What needs to be done
Report each line of the entries that contains the word "Libraries", copied in full.

[Start of Attachment]

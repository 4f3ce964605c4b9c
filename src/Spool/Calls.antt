-- ===== src/Spool/Calls.antt =====
-- Any calls of the methods, in the order in which the lock admits them, each with its own clock.
use superlily.Base.{ℕ, suc, ◌≡◌, Option, none, some, String, List, [], ◌∷◌, Option-cases, inl, inr}
use superlily.Spool.{
  Payload, SpoolRecord, SpoolIdentity, Spool, Clock, Libraries, compact, find_identity,
}
use superlily.Spool.Append.{append_event}
use superlily.Spool.Delivery.{Receipt, acknowledge, retry, quarantine}
use superlily.Spool.Queue.{next_pending, count_pending}
use superlily.Spool.Order.{IsOrdered}
use superlily.Spool.Changes.{
  acknowledge-IsOrdered, retry-IsOrdered, quarantine-IsOrdered, compact-IsOrdered,
}
use superlily.Spool.Keeps.{append-IsOrdered, next_pending-IsOrdered}

pub data Call : Type 0 where
  append : Payload → String → Call
  acknowledge_record : SpoolRecord → Receipt → Call
  retry_record : SpoolRecord → String → ℕ → Call
  quarantine_sequence : ℕ → String → Call
  take_pending : Call
  compact_records : Call

abbrev spool_after : Option (Option SpoolRecord × Spool) → Spool → Spool
spool_after none s = s
spool_after (some (r, t)) s = t

-- the spool after a call; `next_pending` has one round for each pending row and one more
unfoldable pub perform : Libraries → Clock → Call → Spool → Spool
perform x c (append payload key) s = (append_event x c payload key s).1
perform x c (acknowledge_record r receipt) s = (acknowledge c r receipt s).1
perform x c (retry_record r error base) s = retry c r error base s
perform x c (quarantine_sequence n error) s = quarantine c n error s
perform x c take_pending s = spool_after (next_pending (suc (count_pending s.records)) x c s) s
perform x c compact_records s = compact c s

unfoldable pub perform_all : Libraries → List (Clock × Call) → Spool → Spool
perform_all x [] s = s
perform_all x ((c, call) ∷ rest) s = perform_all x rest (perform x c call s)

module _ (P : List SpoolIdentity → Type 0)
    (grows : (i : SpoolIdentity) (is : List SpoolIdentity)
      → find_identity i.idempotency_key is ≡ none
      → P is
      → P (i ∷ is))
    (x : Libraries) where
  perform-keeps :
      (c : Clock) (call : Call) (s : Spool) → IsOrdered P s → IsOrdered P (perform x c call s)
  unfolding perform
  perform-keeps c (append payload key) s h = append-IsOrdered P grows x c payload key s h
  perform-keeps c (acknowledge_record r receipt) s h = acknowledge-IsOrdered P c r receipt s h
  perform-keeps c (retry_record r error base) s h = retry-IsOrdered P c r error base s h
  perform-keeps c (quarantine_sequence n error) s h = quarantine-IsOrdered P c n error s h
  perform-keeps c take_pending s h =
      elim (Option-cases (next_pending (suc (count_pending s.records)) x c s)) [
        | inl out ↦ rw out h
        | inr ((r, t), found) ↦
            rw found
              (next_pending-IsOrdered P grows (suc (count_pending s.records)) x c s t r h found)
      ]
  perform-keeps c compact_records s h = compact-IsOrdered P c s h

  pub perform_all-keeps :
      (calls : List (Clock × Call)) (s : Spool)
      → IsOrdered P s
      → IsOrdered P (perform_all x calls s)
  unfolding perform_all
  perform_all-keeps [] s h = h
  perform_all-keeps ((c, call) ∷ rest) s h =
      perform_all-keeps rest (perform x c call s) (perform-keeps c call s h)

abbrev pub IsSound : Spool → Type 0
IsSound = IsOrdered (λ is. Unit)

-- Every sequence of calls keeps a spool in order that is in order before it: the sequence numbers of the
-- rows, and those of the identities, are below the next one to issue and strictly descend to the older, so
-- that none is issued twice; each row has its identity, with the same key, sequence and hash; and no key
-- has two identities.
pub perform_all-IsSound :
    (x : Libraries) (calls : List (Clock × Call)) (s : Spool)
    → IsSound s
    → IsSound (perform_all x calls s)
perform_all-IsSound x calls s h = perform_all-keeps (λ is. Unit) (λ i is _ _. tt) x calls s h
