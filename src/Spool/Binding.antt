-- ===== src/Spool/Binding.antt =====
-- What the identities of a spool bind a key to.
use superlily.Base.{
  ℕ, ◌≡◌, refl, true, ◌&&◌, none, some, String, List, [], ◌∷◌, All, arith, eqb, ◌==◌, eq_iff,
  Bool-cases, inl, inr,
}
use superlily.Spool.{SpoolRow, SpoolIdentity, find_record, find_identity}
use superlily.Spool.Order.{has_identity, has_distinct_keys}

-- what the identities say of a key
abbrev pub Binds : String → ℕ → String → List SpoolIdentity → Type 0
Binds key n hash is =
    (i : SpoolIdentity) × (find_identity key is ≡ some i)
    × (i.sequence ≡ n)
    × (i.record_sha256 ≡ hash)

pub Binds-grows :
    (key hash : String) (n : ℕ) (i : SpoolIdentity) (is : List SpoolIdentity)
    → find_identity i.idempotency_key is ≡ none
    → Binds key n hash is
    → Binds key n hash (i ∷ is)
unfolding find_identity
Binds-grows key hash n i is new (j, found, same, hashed) =
    elim (Bool-cases (i.idempotency_key == key)) [
      | inl clash ↦ absurd (ground (arith, new, found, (eq_iff i.idempotency_key key).0 clash))
      | inr other ↦ rw other (j, found, same, hashed)
    ]

pub identity-key :
    (key : String) (is : List SpoolIdentity) (i : SpoolIdentity)
    → find_identity key is ≡ some i
    → i.idempotency_key ≡ key
unfolding find_identity
identity-key key [] i h = cc
identity-key key (j ∷ is) i h =
    ground (arith, h, eq_iff j.idempotency_key key, identity-key key is i)

pub record-key :
    (key : String) (rows : List SpoolRow) (r : SpoolRow)
    → find_record key rows ≡ some r
    → r.idempotency_key ≡ key
unfolding find_record
record-key key [] r h = cc
record-key key (q ∷ rows) r h =
    ground (arith, h, eq_iff q.idempotency_key key, record-key key rows r)

pub record-known :
    (key : String) (rows : List SpoolRow) (r : SpoolRow) (is : List SpoolIdentity)
    → find_record key rows ≡ some r
    → All (λ q. has_identity q is ≡ true) rows
    → has_identity r is ≡ true
unfolding find_record
record-known key [] r is h k = cc
record-known key (q ∷ rows) r is h k = ground (arith, h, k, record-known key rows r is)

-- the identity of a row is the one that its key finds
pub known-Binds :
    (r : SpoolRow) (is : List SpoolIdentity)
    → has_distinct_keys is ≡ true
    → has_identity r is ≡ true
    → Binds r.idempotency_key r.sequence r.record_sha256 is
unfolding find_identity
known-Binds r [] d h = cc
known-Binds r (i ∷ is) d h = elim (Bool-cases (i.idempotency_key == r.idempotency_key)) [
  | inr other ↦ rw other (known-Binds r is (ground (arith, d)) (ground (arith, h, other)))
  | inl same ↦ elim (Bool-cases (eqb i.sequence r.sequence && i.record_sha256 == r.record_sha256)) [
    | inl agrees ↦ rw same (
      i,
      refl,
      ground (arith, agrees),
      ground (arith, agrees, eq_iff i.record_sha256 r.record_sha256),
    )
    | inr differs ↦
        let (j, found, _, _) =
          known-Binds r is (ground (arith, d)) (ground (arith, h, same, differs)) in
        absurd (ground (arith, d, found, (eq_iff i.idempotency_key r.idempotency_key).0 same))
  ]
]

[End of Attachment]

Output
  Payload, SpoolRecord, SpoolIdentity, Spool, Clock, Libraries, compact, find_identity,
unfoldable pub perform : Libraries → Clock → Call → Spool → Spool
unfoldable pub perform_all : Libraries → List (Clock × Call) → Spool → Spool
    (x : Libraries) where
    (x : Libraries) (calls : List (Clock × Call)) (s : Spool)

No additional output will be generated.